▸ **Supplied material**
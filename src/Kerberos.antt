-- ===== src/Kerberos.antt =====
-- server/quazal/src/kerberos.rs: `KerberosTicketInternal`, which the server seals and opens with a
-- key of its own. `secretbox` belongs to the crate sodiumoxide and is an interface; the nonce that it
-- generates is an argument.
pub mod Laws
pub mod Outer
mod Tests
use scbl.Prelude.{
  ℕ, ◌≡◌, ltb, Bool, List, ◌++◌, length, take, drop, Option, some, Outcome, ok, err, ok_or, ◌>>=◌,
  if◌then◌else◌,
}
use scbl.ByteOrder.{ByteOrder, to_le_bytes}
use scbl.Stream.{FromStreamError, io, Reader, read_u32, read_u64, read_array}

abbrev pub session_key_size : ℕ
session_key_size = 16

-- `secretbox::NONCEBYTES`.
abbrev pub nonce_bytes : ℕ
nonce_bytes = 24

-- What was sealed is opened under the same nonce and key.
pub record SecretBox : Type 0 where
  pub seal_box : List ℕ → List ℕ → List ℕ → List ℕ
  pub open_box : List ℕ → List ℕ → List ℕ → Option (List ℕ)
  pub open_box-seal_box :
      (message nonce key : List ℕ) → open_box (seal_box message nonce key) nonce key ≡ some message

pub record KerberosTicketInternal : Type 0 where
  pub principle_id : ℕ
  pub valid_until : ℕ
  pub session_key : List ℕ

-- The derived `ToStream` writes the fields in their order.
unfoldable pub ticket_to_bytes : KerberosTicketInternal → List ℕ
ticket_to_bytes t = to_le_bytes 4 t.principle_id ++ (to_le_bytes 8 t.valid_until ++ t.session_key)

-- The derived `FromStream` reads them in their order.
unfoldable pub read_ticket : ByteOrder → (ℕ → Bool) → Reader KerberosTicketInternal
read_ticket bo can_reserve r0 = do
  (principle_id, r1) ← read_u32 bo r0
  (valid_until, r2) ← read_u64 bo r1
  (session_key, r3) ← read_array can_reserve session_key_size r2
  ok (
    record { principle_id = principle_id; valid_until = valid_until; session_key = session_key },
    r3,
  )

module _ (box : SecretBox) where
  unfoldable pub seal : KerberosTicketInternal → List ℕ → List ℕ → List ℕ
  seal t nonce key = nonce ++ box.seal_box (ticket_to_bytes t) nonce key

  unfoldable pub open_ticket :
      ByteOrder → (ℕ → Bool) → List ℕ → List ℕ → Outcome FromStreamError KerberosTicketInternal
  open_ticket bo can_reserve bytes key =
      if ltb (length bytes) nonce_bytes
      then err io
      else (ok_or (box.open_box (drop nonce_bytes bytes) (take nonce_bytes bytes) key) io
          >>= λ plain. read_ticket bo can_reserve plain >>= λ r. ok r.0)
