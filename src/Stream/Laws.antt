-- ===== src/Stream/Laws.antt =====
-- What was written to a stream is read back, whatever follows it.
use scbl.Prelude.{
  ℕ, ◌+◌, ◌%◌, ◌^◌, ◌≤◌, ◌<◌, ◌≡◌, refl, ltb, le→ltb, leb, le→leb, ◌==◌, Bool, true, false, List,
  [], ◌∷◌, ◌++◌, append_assoc, length, take-append, drop-append, length-append, All, ok, arith,
}
use scbl.ByteOrder.{ByteOrder, to_le_bytes}
use scbl.ByteOrder.Laws.{read_u16_back, read_u32_back}
use scbl.Stream.{
  Reader, max_length_prefixed_bytes, max_collection_items, read_items, read_u16, read_u32,
  read_n_bytes, buf_u32, read_vec, from_vec_with_nul, read_c_string, write_buf_u32, write_items,
  write_vec, write_string,
}

-- `read` reads back what `write` writes for `a`.
abbrev pub ReadsBack {ℓ} : {A : Type ℓ} → Reader A → (A → List ℕ) → A → Type ℓ
ReadsBack read write a = (rest : List ℕ) → read (write a ++ rest) ≡ ok (a, rest)

module _ (can_reserve : ℕ → Bool) (room : (size : ℕ) → can_reserve size ≡ true) where
  pub read_n_bytes-append :
      (xs rest : List ℕ)
      → length xs ≤ max_length_prefixed_bytes
      → read_n_bytes can_reserve (length xs) (xs ++ rest) ≡ ok (xs, rest)
  unfolding read_n_bytes
  read_n_bytes-append xs rest h =
      let within : ltb max_length_prefixed_bytes (length xs) ≡ false = le→ltb _ _ h in
      let there : leb (length xs) (length (xs ++ rest)) ≡ true =
        le→leb _ _ (omega (arith, length-append xs rest)) in
      rw (
        within,
        room (length xs),
        there,
        take-append (length xs) xs rest refl,
        drop-append (length xs) xs rest refl,
      )

pub read_items-write_items :
    {A : Type 0} (read : Reader A) (write : A → List ℕ) (items : List A) (rest : List ℕ)
    → All (ReadsBack read write) items
    → read_items read (length items) (write_items write items ++ rest) ≡ ok (items, rest)
unfolding read_items write_items
read_items-write_items read write [] rest h = refl
read_items-write_items read write (item ∷ items) rest h = rw (
  append_assoc (write item) (write_items write items) rest,
  h.0 (write_items write items ++ rest),
  read_items-write_items read write items rest h.1,
)

-- The bytes of a string without a zero, and the zero behind them.
pub from_vec_with_nul-append :
    (text : List ℕ)
    → All (λ b. (b == 0) ≡ false) text
    → from_vec_with_nul (text ++ (0 ∷ [])) ≡ ok text
unfolding from_vec_with_nul
from_vec_with_nul-append [] h = refl
from_vec_with_nul-append (b ∷ text) h = rw (h.0, from_vec_with_nul-append text h.1)

module _ (bo : ByteOrder) (can_reserve : ℕ → Bool)
    (room : (size : ℕ) → can_reserve size ≡ true) where
  -- A buffer of at most 1 MiB behind its 32-bit length is read back, if the allocation is granted.
  pub buf_u32-write_buf_u32 :
      (bytes rest : List ℕ)
      → length bytes ≤ max_length_prefixed_bytes
      → buf_u32 bo can_reserve (write_buf_u32 bytes ++ rest) ≡ ok (bytes, rest)
  unfolding buf_u32 write_buf_u32 read_u32
  buf_u32-write_buf_u32 bytes rest h =
      let fits : length bytes % 2 ^ 32 ≡ length bytes = omega arith in
      rw (
        fits,
        append_assoc (to_le_bytes 4 (length bytes)) bytes rest,
        read_u32_back bo (length bytes) (bytes ++ rest) (omega (arith, h)),
        read_n_bytes-append can_reserve room bytes rest h,
      )

  -- A collection of at most 65536 items, each of which is read back, is read back, if the allocation
  -- is granted.
  pub read_vec-write_vec :
      {A : Type 0} (read : Reader A) (write : A → List ℕ) (items : List A) (rest : List ℕ)
      → All (ReadsBack read write) items
      → length items ≤ max_collection_items
      → read_vec bo can_reserve read (write_vec write items ++ rest) ≡ ok (items, rest)
  unfolding read_vec write_vec read_u32
  read_vec-write_vec read write items rest h small =
      let fits : length items % 2 ^ 32 ≡ length items = omega arith in
      let within : ltb max_collection_items (length items) ≡ false = le→ltb _ _ small in
      rw (
        fits,
        append_assoc (to_le_bytes 4 (length items)) (write_items write items) rest,
        read_u32_back bo (length items) (write_items write items ++ rest) (omega (arith, small)),
        within,
        room (length items),
        read_items-write_items read write items rest h,
      )

  -- A string of fewer than 65535 bytes without a zero is read back, if the allocation is granted.
  pub read_c_string-write_string :
      (text rest : List ℕ)
      → All (λ b. (b == 0) ≡ false) text
      → length text < 65535
      → read_c_string bo can_reserve (write_string text ++ rest) ≡ ok (text, rest)
  unfolding read_c_string write_string read_u16
  read_c_string-write_string [] rest h small = rw (read_u16_back bo 0 rest (omega arith))
  read_c_string-write_string (b ∷ text) rest h small =
      let n : ℕ = length (b ∷ text) in
      let fits : (length (b ∷ text) % 65536 + 1) % 65536 ≡ length ((b ∷ text) ++ (0 ∷ [])) =
        omega (arith, small, length-append text (0 ∷ [])) in
      let some_text : (length ((b ∷ text) ++ (0 ∷ [])) == 0) ≡ false = ground arith in
      rw (
        fits,
        append_assoc (to_le_bytes 2 (length ((b ∷ text) ++ (0 ∷ [])))) ((b ∷ text) ++ (0 ∷ []))
            rest,
        read_u16_back bo (length ((b ∷ text) ++ (0 ∷ []))) (((b ∷ text) ++ (0 ∷ [])) ++ rest)
            (omega (arith, small, length-append text (0 ∷ []))),
        some_text,
        read_n_bytes-append can_reserve room ((b ∷ text) ++ (0 ∷ [])) rest
            (omega (arith, small, length-append text (0 ∷ []))),
        from_vec_with_nul-append (b ∷ text) h,
      )
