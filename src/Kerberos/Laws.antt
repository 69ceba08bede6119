-- ===== src/Kerberos/Laws.antt =====
-- A sealed ticket is opened to itself.
use scbl.Prelude.{
  ℕ, ◌^◌, ◌≤◌, ◌<◌, ◌≡◌, ltb, le→ltb, ◌==◌, Bool, true, false, List, ◌++◌, append-nil, length,
  take-append, drop-append, length-append, [], ok, arith,
}
use scbl.ByteOrder.{ByteOrder, to_le_bytes}
use scbl.ByteOrder.Laws.{read_u32_back, read-to_le_bytes}
use scbl.Stream.{read_u32, read_u64, read_array}
use scbl.Stream.Laws.{read_n_bytes-append}
use scbl.Kerberos.{
  SecretBox, KerberosTicketInternal, session_key_size, nonce_bytes, ticket_to_bytes, read_ticket,
  seal, open_ticket,
}

pub record IsTicket (t : KerberosTicketInternal) : Type 0 where
  pub principal : t.principle_id < 2 ^ 32
  pub until : t.valid_until < 2 ^ 64
  pub key_size : length t.session_key ≡ session_key_size

module _ (bo : ByteOrder) (can_reserve : ℕ → Bool)
    (room : (size : ℕ) → can_reserve size ≡ true) where
  session_key_back :
      (key : List ℕ)
      → length key ≡ session_key_size
      → read_array can_reserve session_key_size key ≡ ok (key, [])
  unfolding read_array
  session_key_back key size =
      let small : length key ≤ 1048576 = omega (arith, size) in
      let back = rw (append-nil key) at (read_n_bytes-append can_reserve room key [] small) in
      let same : (length key == session_key_size) ≡ true = ground (arith, size) in
      rw (rw size at back, same)

  read_ticket-to_bytes :
      (t : KerberosTicketInternal)
      → IsTicket t
      → read_ticket bo can_reserve (ticket_to_bytes t) ≡ ok (t, [])
  unfolding read_ticket ticket_to_bytes read_u32 read_u64
  read_ticket-to_bytes t w = rw (
    read_u32_back bo t.principle_id (to_le_bytes 8 t.valid_until ++ t.session_key) w.principal,
    read-to_le_bytes 8 bo.read_u64 t.valid_until t.session_key bo.read_u64-Reads w.until,
    session_key_back t.session_key w.key_size,
  )

  -- A ticket in range that is sealed under a nonce of 24 bytes is opened to itself under the same
  -- key, if the allocation of the session key is granted.
  pub open_ticket-seal :
      (box : SecretBox) (t : KerberosTicketInternal) (nonce key : List ℕ)
      → IsTicket t
      → length nonce ≡ nonce_bytes
      → open_ticket box bo can_reserve (seal box t nonce key) key ≡ ok t
  unfolding open_ticket seal
  open_ticket-seal box t nonce key w size =
      let sealed = box.seal_box (ticket_to_bytes t) nonce key in
      let long : ltb (length (nonce ++ sealed)) nonce_bytes ≡ false =
        le→ltb _ _ (omega (arith, size, length-append nonce sealed)) in
      rw (
        long,
        drop-append nonce_bytes nonce sealed size,
        take-append nonce_bytes nonce sealed size,
        box.open_box-seal_box (ticket_to_bytes t) nonce key,
        read_ticket-to_bytes t w,
      )
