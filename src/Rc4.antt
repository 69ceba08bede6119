-- ===== src/Rc4.antt =====
-- server/quazal/src/prudp/packet.rs: the RC4 cipher (`Rc4`, `Rc4::new`, `Iterator::next`) and
-- `crypt_key`. A `u8` is a number below 256 and wraps by `% 256`; the array `[u8; 256]` is a list.
pub mod Permutation
pub mod Keystream
mod Tests
use scbl.Prelude.{
  ℕ, zero, suc, ◌+◌, ◌%◌, bit_xor, List, [], ◌∷◌, ◌&&◌, not, length, get_or, set, leb, is_empty,
  if◌then◌else◌, Outcome, ok, panic, ◌>>=◌,
}

pub record Rc4 : Type 0 where
  pub i : ℕ
  pub j : ℕ
  pub state : List ℕ

-- n, n + 1, … over `count` places: what `enumerate` writes into the state.
unfoldable pub count_from : ℕ → ℕ → List ℕ
count_from n zero = []
count_from n (suc count) = n ∷ count_from (suc n) count

abbrev pub index : List ℕ → ℕ → ℕ
index xs i = get_or xs i 0

-- `slice::swap`.
unfoldable pub swap : List ℕ → ℕ → ℕ → List ℕ
swap xs i j = set (set xs i (index xs j)) j (index xs i)

-- `a.wrapping_add(b)` on `u8`.
abbrev pub wrapping_add : ℕ → ℕ → ℕ
wrapping_add a b = (a + b) % 256

-- The loop `for i in 0..256` of the key schedule, from round `i` on with `rounds` left.
unfoldable pub schedule : ℕ → ℕ → ℕ → List ℕ → List ℕ → List ℕ
unfolding swap
schedule zero i j key state = state
schedule (suc rounds) i j key state =
    let j' = wrapping_add (wrapping_add j (index state i)) (index key (i % length key)) in
    schedule rounds (suc i) j' key (swap state i j')

-- `Rc4::new`; the assertion on the key's length panics.
unfoldable pub new {κ} : {E : Type κ} → List ℕ → Outcome E Rc4
new key =
    if not (is_empty key) && leb (length key) 256
    then ok (record { i = 0; j = 0; state = schedule 256 0 0 key (count_from 0 256) })
    else panic

-- `Rc4::next`: the next byte of the keystream. It never ends.
unfoldable pub next : Rc4 → ℕ × Rc4
unfolding swap
next r =
    let i = wrapping_add r.i 1 in
    let j = wrapping_add r.j (index r.state i) in
    let state = swap r.state i j in
    let k = index state (wrapping_add (index state i) (index state j)) in
    (k, record { i = i; j = j; state = state })

-- `rc4.zip(data).map(|(a, b)| a ^ b)`.
unfoldable pub zip_xor : Rc4 → List ℕ → List ℕ
unfolding next
zip_xor r [] = []
zip_xor r (b ∷ bs) = bit_xor (next r).0 b ∷ zip_xor (next r).1 bs

unfoldable pub crypt_key {κ} : {E : Type κ} → List ℕ → List ℕ → Outcome E (List ℕ)
crypt_key key bytes = new key >>= λ rc4. ok (zip_xor rc4 bytes)
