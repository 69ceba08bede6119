-- ===== src/Kerberos/Outer.antt =====
-- server/quazal/src/kerberos.rs: `KerberosTicket`, which carries a sealed ticket to the client. The
-- hashes belong to the crates md5 and hmac and are arguments.
use scbl.Prelude.{
  Bool, ℕ, zero, suc, ◌+◌, ◌-◌, ◌%◌, ltb, List, [], ◌∷◌, ◌++◌, length, take, Option, none, some,
  Outcome, ok, panic, ◌>>=◌, if◌then◌else◌,
}
use scbl.ByteOrder.{ByteOrder, to_le_bytes}
use scbl.Rc4.{crypt_key}
use scbl.Stream.{FromStreamError, read_u32, read_array, write_vec}
use scbl.Kerberos.{SecretBox, KerberosTicketInternal, session_key_size, seal, open_ticket}

pub record KerberosTicket : Type 0 where
  pub session_key : List ℕ
  pub pid : ℕ
  pub internal : KerberosTicketInternal

pub record Hashes : Type 0 where
  pub md5 : List ℕ → List ℕ
  pub hmac_md5 : List ℕ → List ℕ → List ℕ

-- "UbiDummyPwd"
abbrev pub dummy_password : List ℕ
dummy_password = 85 ∷ 98 ∷ 105 ∷ 68 ∷ 117 ∷ 109 ∷ 109 ∷ 121 ∷ 80 ∷ 119 ∷ 100 ∷ []

unfoldable pub or_dummy : Option (List ℕ) → List ℕ
or_dummy none = dummy_password
or_dummy (some password) = password

unfoldable pub hash_times : (List ℕ → List ℕ) → ℕ → List ℕ → List ℕ
hash_times md5 zero key = key
hash_times md5 (suc n) key = hash_times md5 n (md5 key)

unfoldable pub derive_key : Hashes → ℕ → Option (List ℕ) → List ℕ
unfolding or_dummy hash_times
derive_key hashes peer_pid password =
    hash_times hashes.md5 (65000 + peer_pid % 1024) (or_dummy password)

-- The nonce that `seal` generates is an argument.
unfoldable pub as_bytes :
    Hashes
    → SecretBox
    → KerberosTicket
    → ℕ
    → Option (List ℕ)
    → List ℕ
    → List ℕ
    → Outcome FromStreamError (List ℕ)
unfolding derive_key
as_bytes hashes box t peer_pid password nonce ticket_key =
    let sealed = write_vec (λ b. b ∷ []) (seal box t.internal nonce ticket_key) in
    let key = derive_key hashes peer_pid password in
    crypt_key key (t.session_key ++ (to_le_bytes 4 t.pid ++ sealed)) >>= λ buf.
    ok (buf ++ hashes.hmac_md5 key buf)

-- `buf.len() - 16` underflows on fewer bytes; the code behind the last 16 bytes is not checked.
unfoldable pub from_bytes :
    Hashes
    → SecretBox
    → ByteOrder
    → (ℕ → Bool)
    → List ℕ
    → ℕ
    → Option (List ℕ)
    → List ℕ
    → Outcome FromStreamError KerberosTicket
unfolding derive_key
from_bytes hashes box bo can_reserve buf peer_pid password ticket_key =
    if ltb (length buf) 16
    then panic
    else (crypt_key (derive_key hashes peer_pid password) (take (length buf - 16) buf) >>= λ r0.
        read_array can_reserve session_key_size r0 >>= λ key. read_u32 bo key.1 >>= λ pid.
        open_ticket box bo can_reserve pid.1 ticket_key >>= λ internal.
        ok (record { session_key = key.0; pid = pid.0; internal = internal }))
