-- ===== src/Lib.antt =====
-- qstack is a user-level TCP stack: stack threads receive packets from a driver, put their payload
-- into the receive buffers of streams, and send what applications put into send buffers. Threads
-- talk over circular queues with one producer and one consumer each.
--
-- Which file models what, with paths from the root of the repository:
-- Cirq: the circular queues of tools/src/include/circular_queue.h, with the array in the queue
--   itself (dir_cirq_*) or behind a pointer (cirq_*). Cirq/Fifo is their specification, Cirq/Spsc
--   the two functions cut into their shared accesses, Cirq/Pool the pool of arrays
--   (fast_cirq_mempool_*, here mempool_*), Cirq/Scan the search.
-- N21: the queues with several producers of tools/src/include/n21_queue.h.
-- Seq: the comparison of sequence numbers, TCP_SEQ_* of qstack/src/include/protocol.h.
-- Mbuf: packet buffers and linked lists of them, qstack/src/include/mbuf.h; Mbuf/Queue is
--   qstack/src/include/mbuf_queue.h.
-- SendBuff and RecvBuff: qstack/src/tcp_send_buff.c and tcp_recv_buff.c with their headers.
-- Timer: qstack/src/include/timer.h, with its walks in Timer/Check, and the part of
--   tcp_stream_destroy of qstack/src/tcp_stream.c that concerns the timers' lists. Calls of other
--   components are recorded in order.
-- TcpOptions: ParseTCPOptions of qstack/src/include/tcp_in.h, and the two functions of
--   qstack/src/tcp_out.c that say and write the options of a segment.
-- TcpStream: qstack/src/tcp_stream.c. TcpStream/Conn is `struct tcp_stream` with its stack: one
--   stream at a time is taken out of the timers' map, and written back around a function of timer.h.
-- TcpOut: qstack/src/tcp_out.c and tcp_out.h: the queues of streams, one segment (TcpOut/Packet),
--   the sending buffer (TcpOut/Flush) and the application's call (TcpOut/User).
-- TcpIn: qstack/src/tcp_in.c: acknowledgements, payload, events, a handler for each state, and
--   process_tcp_packet (TcpIn/Packet). TcpIn/Moves is the diagram of the states as a step relation.
-- Qepoll: qstack/src/qepoll.c and qepoll.h: the channels between stacks and applications, with a queue
--   of events for each priority. Add is CreateQevent and AddTimeEvent, Wait the three waits, Init
--   what is allocated and qepoll_ctl, Fetch the events an application has fetched. Each loop over
--   a queue has its size for fuel. A stack and an application do not run at the same time.
-- Api: qstack/src/api.c: the application's calls on sockets, over Sockets, N21 and RecvBuff; Streams
--   are those on a stream.
-- Icmp: qstack/src/icmp.c: echo requests and replies, with the IP header that
--   generate_ip_packet_standalone of qstack/src/ip_out.c writes and the Ethernet header of
--   eth_hdr_generate of qstack/src/eth_out.c. A packet buffer is taken to have room for its message.
--   What is delivered of a frame is not modelled, only what the driver is given.
-- Arp: qstack/src/arp.c and arp.h: the tables of hardware addresses and the requests for them.
-- Sockets: qstack/src/socket.c and socket.h: the pools of free sockets, one for each core.
-- Common: names, lists, Boolean tests and words that all of them share.
--
-- A function of the model has the name of the C function. An update of an object behind a pointer
-- becomes a new value of it in the result; memory that functions share is passed on as a store. A
-- number of w bits is a natural number with `% 2 ^ w` where C wraps it. A pointer is a number and
-- NULL is 0. `none` stands for a call that ends the process (TRACE_ERR, TRACE_EXIT), for one that
-- writes over memory the model does not describe, and for a loop that has run out of fuel; where
-- fuel is an argument, the theorems say how much is enough, which is more than the length of the
-- list it walks.
-- A queue of n words is given fuel n + 1, since it holds fewer than n. The walks of the timers' lists
-- are recursion on the list.
--
-- The model is of one configuration: SIMPLE_HEADTAIL, DIRECT_CIRCULAR_QUEUE, N21Q_DEQUEUE_STRONG and
-- PRIORITY_RECV_BUFF on, DPDK_RTE_RING off. Counters, traces and timestamps are left out. What
-- the stack reads elsewhere (the configuration, the listener, the socket that socket_alloc returns,
-- what the application does meanwhile) is the record Env, whose field fuel bounds the loops over
-- lists of packets; the record of a stack holds, newest first, the calls of the flow table, the
-- socket table, the event queues (which Qepoll models apart from this) and the driver.
--
-- Not modelled are the hash tables, the flow groups, the packet filter, the dispatch of packets by
-- protocol, the coroutines, the core loops and the applications; the loops of tcp_out.c over
-- several streams are modelled for one stream's turn. A call of send_tcp_packet_standalone ends the
-- process, as the source does. The drivers only call DPDK, and the configuration is an argument.
pub mod Api
pub mod Arp
pub mod Cirq
pub mod Common
pub mod Icmp
pub mod Mbuf
pub mod N21
pub mod Qepoll
pub mod RecvBuff
pub mod SendBuff
pub mod Seq
pub mod Sockets
pub mod TcpIn
pub mod TcpOptions
pub mod TcpOut
pub mod TcpStream
pub mod Timer
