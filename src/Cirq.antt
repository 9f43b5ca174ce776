-- ===== src/Cirq.antt =====
-- tools/src/include/circular_queue.h, as it is compiled: SIMPLE_HEADTAIL without DPDK_RTE_RING.
-- A function that updates `*q` returns the new queue; `none` is a call that ends the process.
pub mod Fifo
pub mod Pool
pub mod Refine
pub mod Ring
pub mod Runs
pub mod Scan
pub mod Spsc
pub mod Tests
use Prim.Native.Nat.{compare}
use qstack.Common.{
  ℕ, zero, suc, ◌+◌, ◌-◌, ◌*◌, ◌%◌, ◌^◌, Bool, true, false, Option, none, some, List, [], ◌==◌, leb,
  ltb, if◌then◌else◌, get_or, set, replicate, update, u32, sub32, Ptr, null,
}

-- `struct circular_queue`. The union is the eight words of `d_queue`; its other view, the
-- pointer `queue`, is the first of them.
pub record Cirq : Type 0 where
  pub head : ℕ
  pub d_queue : List ℕ
  pub size : ℕ
  pub tail : ℕ

-- The arrays of words behind pointers, by their addresses.
abbrev pub Mem : Type 0
Mem = Ptr → List ℕ

-- SUCCESS is 1, FAILED is -2 and ERROR is -1: each of them passes a test `if (ret)`.
pub data Ret : Type 0 where
  success failed error : Ret

abbrev pub truthy : Ret → Bool
truthy success = true
truthy failed = true
truthy error = true

abbrev pub static_buff_size : ℕ
static_buff_size = 8

abbrev pub queue : Cirq → Ptr
queue q = get_or q.d_queue 0 null

abbrev pub cirq_pree : Cirq → ℕ → ℕ
cirq_pree q p = if p == 0 then sub32 q.size 1 else p - 1

-- A size of 0 would divide by zero.
abbrev pub cirq_succ : Cirq → ℕ → ℕ
cirq_succ q p = u32 (p + 1) % q.size

abbrev pub cirq_full : Cirq → Bool
cirq_full q = cirq_succ q q.head == q.tail

abbrev pub cirq_empty : Cirq → Bool
cirq_empty q = q.head == q.tail

unfoldable pub cirq_count : Cirq → ℕ
cirq_count q = if leb q.tail q.head then q.head - q.tail else sub32 (u32 (q.head + q.size)) q.tail

-- `block` is what `calloc` returns for `size` words.
unfoldable pub cirq_init : Cirq → Mem → ℕ → Ptr → Cirq × Mem
cirq_init q m size block = (
  record q { head = 0; d_queue = set q.d_queue 0 block; size = size; tail = 0 },
  update m block (replicate size null),
)

unfoldable pub cirq_add : Cirq → Mem → ℕ → Ret × Cirq × Mem
cirq_add q m item = if cirq_full q then (failed, q, m) else (
  success,
  record q { head = cirq_succ q q.head },
  update m (queue q) (set (m (queue q)) q.head item),
)

unfoldable pub cirq_get : Cirq → Mem → ℕ × Cirq
cirq_get q m =
    if cirq_empty q
    then (null, q)
    else (get_or (m (queue q)) q.tail null, record q { tail = cirq_succ q q.tail })

unfoldable pub cirq_prefetch : Cirq → Mem → ℕ
cirq_prefetch q m = if cirq_empty q then null else get_or (m (queue q)) q.tail null

-- The slot is given by its index in the array at `queue`.
unfoldable pub cirq_get_wslot : Cirq → Ptr × ℕ
cirq_get_wslot q = (queue q, q.head)

unfoldable pub cirq_writen : Cirq → Ret × Cirq
cirq_writen q =
    if cirq_full q then (failed, q) else (success, record q { head = cirq_succ q q.head })

slots_from : ℕ → ℕ → ℕ → ℕ → List ℕ
slots_from mem slot_size i zero = []
slots_from mem slot_size i (suc n) =
    List.◌∷◌ (mem + i * slot_size) (slots_from mem slot_size (i + 1) n)

-- `mem` is what `calloc` returns for the slots.
unfoldable pub cirq_init_slot : Cirq → Mem → ℕ → Ptr → Option Mem
unfolding slots_from
cirq_init_slot q m slot_size mem =
    if queue q == null then none else some (update m (queue q) (slots_from mem slot_size 0 q.size))

-- A queue that is not empty is only reported.
unfoldable pub cirq_destroy : Cirq → Mem → Mem
cirq_destroy q m = update m (queue q) []

unfoldable pub dir_cirq_init : Cirq → Ret × Cirq
dir_cirq_init q = (success, record q { head = 0; size = static_buff_size; tail = 0 })

unfoldable pub dir_cirq_add : Cirq → ℕ → Ret × Cirq
dir_cirq_add q item =
    if cirq_full q
    then (failed, q)
    else (success, record q { head = cirq_succ q q.head; d_queue = set q.d_queue q.head item })

unfoldable pub dir_cirq_get : Cirq → ℕ × Cirq
dir_cirq_get q =
    if cirq_empty q
    then (null, q)
    else (get_or q.d_queue q.tail null, record q { tail = cirq_succ q q.tail })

▸ **Exercise directions**
Give back, word for word, only the lines above from the line holding "append_assoc (to_le_bytes 4 (length bytes))" to the line holding "let fits : length items", both included.

▸ **Solution for this exercise**
        append_assoc (to_le_bytes 4 (length bytes)) bytes rest,
        read_u32_back bo (length bytes) (bytes ++ rest) (omega (arith, h)),
        read_n_bytes-append can_reserve room bytes rest h,
      )

  -- A collection of at most 65536 items, each of which is read back, is read back, if the allocation
  -- is granted.
  pub read_vec-write_vec :
      {A : Type 0} (read : Reader A) (write : A → List ℕ) (items : List A) (rest : List ℕ)
      → All (ReadsBack read write) items
      → length items ≤ max_collection_items
      → read_vec bo can_reserve read (write_vec write items ++ rest) ≡ ok (items, rest)
  unfolding read_vec write_vec read_u32
  read_vec-write_vec read write items rest h small =
      let fits : length items % 2 ^ 32 ≡ length items = omega arith in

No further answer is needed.